Our family used to go to sugaring when I was a kid. The last time I sugared was when I was 34.
At the end we were tapping about 40 acres of bush with gravity feed plastic lines.
We never did use vacuum systems.
Plastic spiles and tubing let you run a lot of taps to a central collection point. Sometimes you can feed or pump the sap straight to the sugar shack.
We used an evaporator pan instead of kettles. It was about 10 feet long and three feet wide. It cooked enough water off that you could pull thin syrup continously from the low end and finish evaporating it in a smaller finishing pan.
You will want spiles, an auger and buckets if you just want to tap a few trees. Metal spiles are pretty much antiques now. I have seen a few at auctions cheap.
Plastic ones are actually nicer to use.
You figure the number of spiles in a tree by how thick the trunk is at chest height.
A tree a foot thick gets one tap, a foot and a half tree gets two, and two foot diameter and above gets three or four taps.
Most of the spiles are made of plastic now. If you had to you could make them out of plastic, wood or metal pipe.
Usually you drill about a 3/8 or 1/2 inch diameter hole about 2and1/2 inches into the tree. The diameter of the hole depends on the size of the spile.
Only drive the spile in enough to seal (and support the pail), driving spiles too hard makes them likely to leak.
It also insreases the damage to the tree.
Spiles need to be vented at the top. The old drip spiles were naturally vented but some of the newer ones meant for plastic vacuum line systems are sealed.
You only tap a tree every other year, that gives it a chance to recover.
You should expect about 30 gallons of sap from each tap for the time the sap is running. But it might be as low as 10 gallons or as high as fifty.
Sap needs to be strained before boiling it,
and filtered after boiling. You will get some crystals of minerals out of the sap as you get to syrup temperature. It is called sugar sand and it might be harmless, but who wants gritty syrup. Note that sugar sand is not sugar, it is other minerals from the sap.

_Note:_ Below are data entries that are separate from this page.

-- ===== src/Application/Health.antt =====
-- The verdict on the door that the health check of src/api/v1/routers/machine.py gets from
-- src/services/error_state_mgmt.py, in a run of the application of src/main.py.
use mathlib.Core.Path.{subst}
use crk_io_board.Base.{
  ℕ, zero, suc, ◌≡◌, refl, sym, ap, ◌∙◌, arith, Bool, not, Option, none, some, List, [], ◌∷◌, ◌++◌,
  ◌||◌, if◌then◌else◌, length, replicate,
}
use crk_io_board.Polling.{Item, source_result, source_error, get_nowait, next_item}
use crk_io_board.Commands.{DeadboltAction}
use crk_io_board.ErrorState.{
  ErrorState, door_error, deadbolt_error, is_overdue, observe, set_deadbolt_action, is_closed,
  wanted_state,
}
use crk_io_board.ErrorState.Verdicts.{Observation, observe_all, shows, deadbolt_error-history}
use crk_io_board.Stream.Session.{IoStatus}
use crk_io_board.Application.{
  Application, Step, error_state_pass, deadbolt_controlled, step, steps, watch_item,
  new_application, startup,
}
use crk_io_board.Application.Background.{Tasks}
use crk_io_board.Application.Constants.{steps-constants}
use crk_io_board.Application.Soundness.{IsSound}
use crk_io_board.Application.Runs.{step-IsSound, steps-IsSound, started-IsSound, run}
use crk_io_board.Application.Watching.{
  status_items, waiting, left_items, outlook, steps-outlook, IsView, IsSteady, IsSteadyAt,
  control_of,
}

watch-waiting :
    (i : Item IoStatus) (is : List (Item IoStatus)) (b : Bool) (s : Application)
    → waiting (watch_item (next_item (i ∷ is) b) s) ≡ is
watch-waiting i is b s = left_items _ s

pass-waiting :
    (i : Item IoStatus) (is : List (Item IoStatus)) (s : Application)
    → waiting s ≡ i ∷ is
    → waiting (step error_state_pass s) ≡ is
unfolding step get_nowait
pass-waiting i is s e =
    let b = (s.io_status.queues s.error_queue).shut_down in
    ap (λ l. waiting (watch_item (next_item l b) s)) e ∙ watch-waiting i is b s

-- A pass for every item that waits leaves none waiting.
abbrev pub passes : ℕ → List Step
passes n = replicate n error_state_pass

drained :
    (n : ℕ) (is : List (Item IoStatus)) (s : Application)
    → waiting s ≡ is
    → length is ≡ n
    → waiting (steps (passes n) s) ≡ []
drained zero [] s e l = e
drained zero (i ∷ is) s e l = absurd (omega arith)
drained (suc n) [] s e l = absurd (omega arith)
drained (suc n) (i ∷ is) s e l =
    drained n is (step error_state_pass s) (pass-waiting i is s e) (omega arith)

unpolled : (n : ℕ) → status_items (passes n) ≡ []
unpolled zero = refl
unpolled (suc n) = unpolled n

module _ {ℓ} {B : Type ℓ} (view : List (Item IoStatus) → ErrorState → B) where
  IsSteady-passes : (n : ℕ) → IsSteady view (passes n)
  IsSteady-passes zero = tt
  IsSteady-passes (suc n) = (tt, IsSteady-passes n)

  caught_up :
      (reads : IsView view) (xs : List Step) (s : Application)
      → IsSteady view xs
      → IsSound s
      → view [] (steps (passes (length (waiting (steps xs s)))) (steps xs s)).error_state
        ≡ view (waiting s ++ status_items xs) s.error_state
  caught_up reads xs s steady i =
      let s₁ = steps xs s in
      let n = length (waiting s₁) in
      let s₂ = steps (passes n) s₁ in
      sym (ap (λ l. view (l ++ []) s₂.error_state) (drained n (waiting s₁) s₁ refl refl))
      ∙ steps-outlook view reads (passes n) s₁ (IsSteady-passes n) (steps-IsSound xs s i)
      ∙ ap (outlook view s₁) (unpolled n)
      ∙ steps-outlook view reads xs s steady i

-- The time of the last poll that found the door closed; `t` when there is none.
abbrev pub last_closed : List (Item IoStatus) → Option ℕ → Option ℕ
last_closed [] t = t
last_closed (source_result (door, bolt) now ∷ is) t =
    last_closed is (if is_closed door then some now else t)
last_closed (source_error e now ∷ is) t = last_closed is t

abbrev closed_time : List (Item IoStatus) → ErrorState → Option ℕ
closed_time is e = last_closed is e.door_last_closed_time

closed_time-IsView : IsView closed_time
unfolding observe
closed_time-IsView (source_result (door, bolt) now) is e = refl
closed_time-IsView (source_error x now) is e = refl

closed_time-IsSteadyAt : (o : Option (DeadboltAction × ℕ)) → IsSteadyAt closed_time o
unfolding set_deadbolt_action
closed_time-IsSteadyAt none = tt
closed_time-IsSteadyAt (some (action, time)) = λ is e. refl

closed_time-IsSteady : (xs : List Step) → IsSteady closed_time xs
closed_time-IsSteady [] = tt
closed_time-IsSteady (x ∷ xs) = (closed_time-IsSteadyAt (control_of x), closed_time-IsSteady xs)

-- Whatever has happened since the start-up, once the tracking has caught up, after as many passes as
-- items were waiting, the door counts as all right exactly when the limit has not passed since the
-- last poll of the IO status that found it closed (a time of 0, or no such poll, counts as no time).
pub run-door_error :
    (tasks : Tasks) (door_limit deadbolt_limit : ℕ) (xs : List Step) (time : ℕ)
    → let s = run tasks door_limit deadbolt_limit xs in
      door_error time (steps (passes (length (waiting s))) s).error_state
      ≡ not (is_overdue door_limit time (last_closed (status_items xs) none))
unfolding door_error startup new_application
run-door_error tasks door_limit deadbolt_limit xs time =
    let s₀ = startup (new_application tasks door_limit deadbolt_limit) in
    let s = steps xs s₀ in
    let n = length (waiting s) in
    ap (λ t. not (is_overdue (steps (passes n) s).error_state.door_open_error time t))
      (caught_up closed_time closed_time-IsView xs s₀ (closed_time-IsSteady xs)
        (started-IsSound tasks door_limit deadbolt_limit))
    ∙ ap (λ l. not (is_overdue l.0 time (last_closed (status_items xs) none)))
        (steps-constants (passes n) s ∙ steps-constants xs s₀)

-- The observations among the items.
abbrev pub observations : List (Item IoStatus) → List Observation
observations [] = []
observations (source_result (door, bolt) now ∷ is) =
    record { door = door; bolt = bolt; timestamp = now } ∷ observations is
observations (source_error e now ∷ is) = observations is

abbrev pub Uncontrolled : List Step → Type 0
Uncontrolled [] = Unit
Uncontrolled (x ∷ xs) = (control_of x ≡ none) × Uncontrolled xs

IsSteady-Uncontrolled {ℓ} :
    {B : Type ℓ} (view : List (Item IoStatus) → ErrorState → B) (xs : List Step)
    → Uncontrolled xs
    → IsSteady view xs
IsSteady-Uncontrolled view [] h = tt
IsSteady-Uncontrolled view (x ∷ xs) (h, hs) =
    (subst (IsSteadyAt view) (sym h) tt, IsSteady-Uncontrolled view xs hs)

module _ (time : ℕ) where
  bolt_verdict : List (Item IoStatus) → ErrorState → Bool
  bolt_verdict is e = deadbolt_error time (observe_all (observations is) e)

  bolt_verdict-IsView : IsView bolt_verdict
  unfolding bolt_verdict observe
  bolt_verdict-IsView (source_result (door, bolt) now) is e = refl
  bolt_verdict-IsView (source_error x now) is e = refl

-- After a control of the deadbolt at `t`, and steps without another, once the tracking has caught up,
-- the deadbolt counts as all right exactly when a poll found it in the state asked for, be it one
-- that was still waiting at the control, or the limit has not passed since `t` (a `t` of 0 counts as
-- no time).
pub run-deadbolt_error :
    (tasks : Tasks) (door_limit deadbolt_limit : ℕ) (xs ys : List Step) (action : DeadboltAction)
    (t time : ℕ)
    → Uncontrolled ys
    → let s = run tasks door_limit deadbolt_limit xs in
      let s' = steps ys (step (deadbolt_controlled action t) s) in
      deadbolt_error time (steps (passes (length (waiting s'))) s').error_state ≡ (
        shows (wanted_state action) (observations (waiting s ++ status_items ys))
        || not (is_overdue deadbolt_limit time (some t)))
unfolding step set_deadbolt_action bolt_verdict startup new_application
run-deadbolt_error tasks door_limit deadbolt_limit xs ys action t time h =
    let s₀ = startup (new_application tasks door_limit deadbolt_limit) in
    let s = steps xs s₀ in
    let asked = step (deadbolt_controlled action t) s in
    let seen = observations (waiting s ++ status_items ys) in
    caught_up (bolt_verdict time) (bolt_verdict-IsView time) ys asked
      (IsSteady-Uncontrolled (bolt_verdict time) ys h)
      (step-IsSound (deadbolt_controlled action t) s
        (steps-IsSound xs s₀ (started-IsSound tasks door_limit deadbolt_limit)))
    ∙ deadbolt_error-history action t time seen s.error_state
    ∙ ap (λ l. shows (wanted_state action) seen || not (is_overdue l.1 time (some t)))
        (steps-constants xs s₀)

I mentioned syrup temperature. This is just like making candy.
As you evaporate the water the boiling temperature goes up. You can evaporate at lower temperature than boiling but then you have a hard time measuring how strong the syrup is.

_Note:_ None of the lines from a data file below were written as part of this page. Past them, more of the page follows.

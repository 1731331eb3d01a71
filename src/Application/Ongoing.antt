-- ===== src/Application/Ongoing.antt =====
-- What a step leaves of the recording of src/services/recording.py, in a run of the application of
-- src/main.py.
use crk_io_board.Base.{
  ℕ, ◌≡◌, refl, sym, ap, ◌∙◌, Bool, true, false, Option, none, some, List, [], ◌∷◌, ◌++◌, Text,
  if◌then◌else◌, append_assoc,
}
use crk_io_board.Polling.{
  deliver, Item, source_result, source_error, Queue, next_item, has, Polling,
}
use crk_io_board.Polling.Broadcast.{deliver_items}
use crk_io_board.Recording.{Recording, record_item, with_queue}
use crk_io_board.Recording.Session.{Poll, frames_of}
use crk_io_board.Stream.Session.{poll, close_stream, IoStatus}
use crk_io_board.Application.{
  Application, Client, Step, loadcells_polled, watch_item, disconnect, loadcells_task,
  io_status_task, read_item, with_loadcells,
}
use crk_io_board.Application.Services.{IsServing, same_number}
use crk_io_board.Application.Untouched.{IsUntouched, read-IsUntouched, close-IsUntouched}
use crk_io_board.Application.Soundness.{ClientApart}

-- The items that the recording has still to read.
abbrev pub unread : Recording (List Text) → List (Item (List Text))
unread r = (r.polling.queues r.queue).items

-- What the polls of the loadcells hand over, in order.
abbrev pub frame_of_step : Step → List (Item (List Text))
frame_of_step (loadcells_polled x) = x.item ∷ []
frame_of_step _ = []

-- What the recording will hold when it has read what waits and what comes.
abbrev pub prospect : Recording (List Text) → List (Item (List Text)) → List (List Text × ℕ)
prospect r later = r.recordings ++ frames_of (unread r ++ later)

-- The recording runs in both, over the same queue, and comes to the same in the end.
pub record IsOngoing (later later' : List (Item (List Text))) (r r' : Recording (List Text))
    : Type 0 where
  pub running : r'.recording_running ≡ true
  pub member : has r'.queue r'.polling.subscribers ≡ true
  pub same : prospect r' later' ≡ prospect r later

pub record IsRunning (r : Recording (List Text)) : Type 0 where
  pub running : r.recording_running ≡ true
  pub member : has r.queue r.polling.subscribers ≡ true

pub ongoing :
    (later : List (Item (List Text))) (r : Recording (List Text))
    → IsRunning r
    → IsOngoing later later r r
ongoing later r i = record { running = i.running; member = i.member; same = refl }

-- A change of the polling service that leaves the queue untouched.
pub IsOngoing-apart :
    (later : List (Item (List Text))) (r : Recording (List Text)) (p : Polling (List Text))
    → IsRunning r
    → IsUntouched r.queue r.polling p
    → IsOngoing later later r (record r { polling = p })
IsOngoing-apart later r p i u = record {
  running = i.running;
  member = u.member ∙ i.member;
  same = ap (λ q. r.recordings ++ frames_of (q.items ++ later)) u.queue;
}

pub polled-IsOngoing :
    (x : Poll (List Text)) (later : List (Item (List Text))) (r : Recording (List Text))
    → IsServing r.polling
    → IsRunning r
    → IsOngoing (x.item ∷ later) later r (record r { polling = poll x r.polling })
unfolding deliver
polled-IsOngoing x later r s i = record {
  running = i.running;
  member = i.member;
  same =
      ap (λ l. r.recordings ++ frames_of (l ++ later))
        (deliver_items x.item x.interval x.started x.now r.polling s.live s.polling.distinct r.queue
          i.member)
      ∙ ap (λ l. r.recordings ++ frames_of l) (append_assoc (unread r) (x.item ∷ []) later);
}

pub left_unread :
    (q : Queue (List Text)) (r : Recording (List Text))
    → ((with_queue r.queue q r.polling).queues r.queue).items ≡ q.items
left_unread q r = rw (same_number r.queue) refl

-- A pass of the recording, over the items of its queue.
pub item-IsOngoing :
    (is : List (Item (List Text))) (b : Bool) (later : List (Item (List Text)))
    (r : Recording (List Text))
    → unread r ≡ is
    → IsRunning r
    → IsOngoing later later r (record_item (next_item is b) r)
item-IsOngoing is b later r e i = record {
  running = recorded_on is b;
  member = recorded_member is b;
  same = recorded_frames is b e;
}
  where
    recorded_on :
        (is : List (Item (List Text))) (b : Bool)
        → (record_item (next_item is b) r).recording_running ≡ true
    recorded_on [] true = i.running
    recorded_on [] false = i.running
    recorded_on (source_result a t ∷ is) b = i.running
    recorded_on (source_error x t ∷ is) b = i.running

    recorded_member :
        (is : List (Item (List Text))) (b : Bool)
        → let r' = record_item (next_item is b) r in has r'.queue r'.polling.subscribers ≡ true
    recorded_member [] true = i.member
    recorded_member [] false = i.member
    recorded_member (source_result a t ∷ is) b = i.member
    recorded_member (source_error x t ∷ is) b = i.member

    recorded_frames :
        (is : List (Item (List Text))) (b : Bool)
        → unread r ≡ is
        → prospect (record_item (next_item is b) r) later ≡ prospect r later
    recorded_frames [] true e =
        ap (λ l. r.recordings ++ frames_of (l ++ later)) (left_unread _ r ∙ sym e)
    recorded_frames [] false e = refl
    recorded_frames (source_result a t ∷ is) b e =
        ap (λ l. (r.recordings ++ (a, t) ∷ []) ++ frames_of (l ++ later)) (left_unread _ r)
        ∙ append_assoc r.recordings ((a, t) ∷ []) (frames_of (is ++ later))
        ∙ sym (ap (λ l. r.recordings ++ frames_of (l ++ later)) e)
    recorded_frames (source_error x t ∷ is) b e =
        ap (λ l. r.recordings ++ frames_of (l ++ later)) (left_unread _ r)
        ∙ sym (ap (λ l. r.recordings ++ frames_of (l ++ later)) e)

pub if_IsOngoing :
    (b : Bool) (later later' : List (Item (List Text))) (r s s' : Recording (List Text))
    → IsOngoing later later' r s'
    → IsOngoing later later' r s
    → IsOngoing later later' r (if b then s' else s)
if_IsOngoing true later later' r s s' i' i = i'
if_IsOngoing false later later' r s s' i' i = i

pub gone-IsOngoing :
    (k : ℕ) (o : Option Client) (later : List (Item (List Text))) (s : Application)
    → ClientApart s.recording.queue s.error_queue s.next_queue o
    → IsRunning s.recording
    → IsOngoing later later s.recording (disconnect k o s).recording
gone-IsOngoing k none later s a i = ongoing later s.recording i
gone-IsOngoing k (some c) later s (l, d, r, e) i =
    IsOngoing-apart later s.recording
      (close_stream c.loadcells_enabled c.loadcells_queue s.recording.polling) i
      (close-IsUntouched s.recording.queue c.loadcells_enabled c.loadcells_queue s.recording.polling
        r)

pub if_recording :
    (b : Bool) (later : List (Item (List Text))) (s s' : Application)
    → IsOngoing later later s.recording s'.recording
    → IsOngoing later later s.recording s.recording
    → IsOngoing later later s.recording (if b then s' else s).recording
if_recording true later s s' i' i = i'
if_recording false later s s' i' i = i

pub read-IsOngoing :
    (o : Option Client) (later : List (Item (List Text))) (s : Application)
    → ClientApart s.recording.queue s.error_queue s.next_queue o
    → IsRunning s.recording
    → IsOngoing later later s.recording (loadcells_task o s).recording
read-IsOngoing none later s a i = ongoing later s.recording i
read-IsOngoing (some c) later s (l, d, r, e) i =
    if_recording c.loadcells_enabled later s (with_loadcells (read_item c.loadcells_queue) s)
      (IsOngoing-apart later s.recording (read_item c.loadcells_queue s.recording.polling) i
        (read-IsUntouched s.recording.queue c.loadcells_queue s.recording.polling r))
      (ongoing later s.recording i)

pub status_read-recording :
    (o : Option Client) (later : List (Item (List Text))) (s : Application)
    → IsRunning s.recording
    → IsOngoing later later s.recording (io_status_task o s).recording
status_read-recording none later s i = ongoing later s.recording i
status_read-recording (some c) later s i =
    if_recording c.doors_enabled later s _ (ongoing later s.recording i)
      (ongoing later s.recording i)

pub watch-recording :
    (is : List (Item IoStatus)) (b : Bool) (later : List (Item (List Text))) (s : Application)
    → IsRunning s.recording
    → IsOngoing later later s.recording (watch_item (next_item is b) s).recording
watch-recording [] true later s i = ongoing later s.recording i
watch-recording [] false later s i = ongoing later s.recording i
watch-recording (x ∷ is) b later s i = ongoing later s.recording i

You are looking for a temperature 7F above water's boiling point for syrup.
If you go farther than that you start to get taffy and fudge followed by hard sugar. Soft sugar is about 32F above water boiling, hard maple sugar comes at about 42F above the boiling point of water.

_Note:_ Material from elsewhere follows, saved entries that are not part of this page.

-- ===== src/Application/Recordings.antt =====
-- The recording of src/services/recording.py in a run of the application of src/main.py.
use crk_io_board.Base.{
  ℕ, ◌≡◌, refl, sym, ap, ◌∙◌, true, List, [], ◌∷◌, ◌++◌, Text, get_elem?, append_nil,
}
use crk_io_board.Polling.{Item, get_nowait, next_item, subscribe}
use crk_io_board.Recording.{record_item, record_next, start_recording}
use crk_io_board.Recording.Session.{frames_of, has-add}
use crk_io_board.Stream.Session.{open_stream}
use crk_io_board.Application.{
  Application, Step, loadcells_polled, io_status_polled, recording_started, recording_stopped,
  recording_pass, error_state_pass, deadbolt_controlled, client_connected, client_gone,
  loadcells_read, io_status_read, step, steps, startup, new_application,
}
use crk_io_board.Application.Untouched.{open-IsUntouched}
use crk_io_board.Application.Soundness.{IsSound, apart-get_elem?}
use crk_io_board.Application.Runs.{step-IsSound, steps-IsSound, started-IsSound, run, made_other}
use crk_io_board.Application.Background.{Tasks}
use crk_io_board.Application.Ongoing.{
  unread, frame_of_step, IsOngoing, IsRunning, ongoing, IsOngoing-apart, polled-IsOngoing,
  item-IsOngoing, if_IsOngoing, gone-IsOngoing, read-IsOngoing, status_read-recording,
  watch-recording,
}

-- The step neither starts nor stops the recording.
abbrev pub Continues : Step → Type 0
Continues (recording_started clear) = ⊥
Continues recording_stopped = ⊥
Continues _ = Unit

step-IsOngoing :
    (x : Step) (later : List (Item (List Text))) (s : Application)
    → Continues x
    → IsSound s
    → IsRunning s.recording
    → IsOngoing (frame_of_step x ++ later) later s.recording (step x s).recording
unfolding step record_next get_nowait
step-IsOngoing (loadcells_polled x) later s c i r =
    polled-IsOngoing x later s.recording i.loadcells r
step-IsOngoing (io_status_polled x) later s c i r = ongoing later s.recording r
step-IsOngoing (recording_started clear) later s c i r = elim c [ ]
step-IsOngoing recording_stopped later s c i r = elim c [ ]
step-IsOngoing recording_pass later s c i r =
    let q = s.recording.polling.queues s.recording.queue in
    if_IsOngoing s.recording.recording_running later later s.recording s.recording
      (record_item (next_item q.items q.shut_down) s.recording)
      (item-IsOngoing q.items q.shut_down later s.recording refl r) (ongoing later s.recording r)
step-IsOngoing error_state_pass later s c i r =
    let q = s.io_status.queues s.error_queue in watch-recording q.items q.shut_down later s r
step-IsOngoing (deadbolt_controlled action time) later s c i r = ongoing later s.recording r
step-IsOngoing (client_connected loadcells doors) later s c i r =
    IsOngoing-apart later s.recording (open_stream loadcells s.next_queue s.recording.polling) r (
      open-IsUntouched s.recording.queue loadcells s.next_queue s.recording.polling
        (made_other s.recording.queue s.next_queue i.recorder_made))
step-IsOngoing (client_gone k) later s c i r =
    gone-IsOngoing k (get_elem? s.clients k) later s
      (apart-get_elem? s.recording.queue s.error_queue s.next_queue k s.clients i.apart) r
step-IsOngoing (loadcells_read k) later s c i r =
    read-IsOngoing (get_elem? s.clients k) later s
      (apart-get_elem? s.recording.queue s.error_queue s.next_queue k s.clients i.apart) r
step-IsOngoing (io_status_read k) later s c i r =
    status_read-recording (get_elem? s.clients k) later s r

abbrev pub AllContinue : List Step → Type 0
AllContinue [] = Unit
AllContinue (x ∷ xs) = Continues x × AllContinue xs

abbrev pub step_frames : List Step → List (Item (List Text))
step_frames [] = []
step_frames (x ∷ xs) = frame_of_step x ++ step_frames xs

steps-IsOngoing :
    (xs : List Step) (s : Application)
    → AllContinue xs
    → IsSound s
    → IsRunning s.recording
    → IsOngoing (step_frames xs) [] s.recording (steps xs s).recording
steps-IsOngoing [] s c i r = ongoing [] s.recording r
steps-IsOngoing (x ∷ xs) s (c, cs) i r =
    let one = step-IsOngoing x (step_frames xs) s c i r in
    let rest =
      steps-IsOngoing xs (step x s) cs (step-IsSound x s i)
        (record { running = one.running; member = one.member }) in
    record { running = rest.running; member = rest.member; same = rest.same ∙ one.same }

-- Whatever has happened since the start-up, when a recording is started anew and then neither started
-- nor stopped again, what it has recorded, and the frames that it has still to read, are together
-- the frames that were waiting for it at its start, followed by those polled since, in order and with
-- their times.
pub run-recording :
    (tasks : Tasks) (door_limit deadbolt_limit : ℕ) (xs ys : List Step)
    → AllContinue ys
    → let s = run tasks door_limit deadbolt_limit xs in
      let r = (steps ys (step (recording_started true) s)).recording in
      r.recordings ++ frames_of (unread r) ≡ frames_of (unread s.recording ++ step_frames ys)
unfolding step start_recording subscribe
run-recording tasks door_limit deadbolt_limit xs ys c =
    let s₀ = startup (new_application tasks door_limit deadbolt_limit) in
    let s = steps xs s₀ in
    let started = step (recording_started true) s in
    let i = steps-IsSound xs s₀ (started-IsSound tasks door_limit deadbolt_limit) in
    let r = (steps ys started).recording in
    let on = steps-IsOngoing ys started c (step-IsSound (recording_started true) s i) (record {
      running = refl;
      member = has-add s.recording.queue s.recording.polling.subscribers;
    }) in
    sym (ap (λ l. r.recordings ++ frames_of l) (append_nil (unread r))) ∙ on.same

Note that I did not say degrees above 212F because water boils at different temperatures depending on the air pressure. This varies both with altitude and local weather systems. You need to check your thermometer in boiling water everyday you are evaporating sap and work from that measurement.
You need to be careful not to burn your sap.
If you burn the sap by trying to boil too fast the bottom of the sap in the pans caramelizes and the sap becomes dark looking and tastes more like caramel than maple.
That is why I keep saying the idea is to evaporate the sap instead of boiling it away.
#1 maple syrup should be light amber like clover honey.
So heat gently, a nice simmer.
One other thing is the sap becomes worse as the season progresses and by the time the buds are starting to break the sap is too buddy to use as syrup. It get a strange flavour, starts to go ropey in the pails and tastes bad.
One of my favourite things as a kid was drinking the sap straight from the tree.
It does take about 40 to one from sap to syrup, but that is on average.
If you have real sweet trees it might be as good as 30 to 1, or if they are not sweet as poor as 50 to 1.
Birch has a lot thinner sap. When we tried boiling it ran about 80 to 1 and nobody liked the flavour much.
Ps. boil down the sap every day or refrigerate it. If you let it sit around it will go rotten and that is no good at all.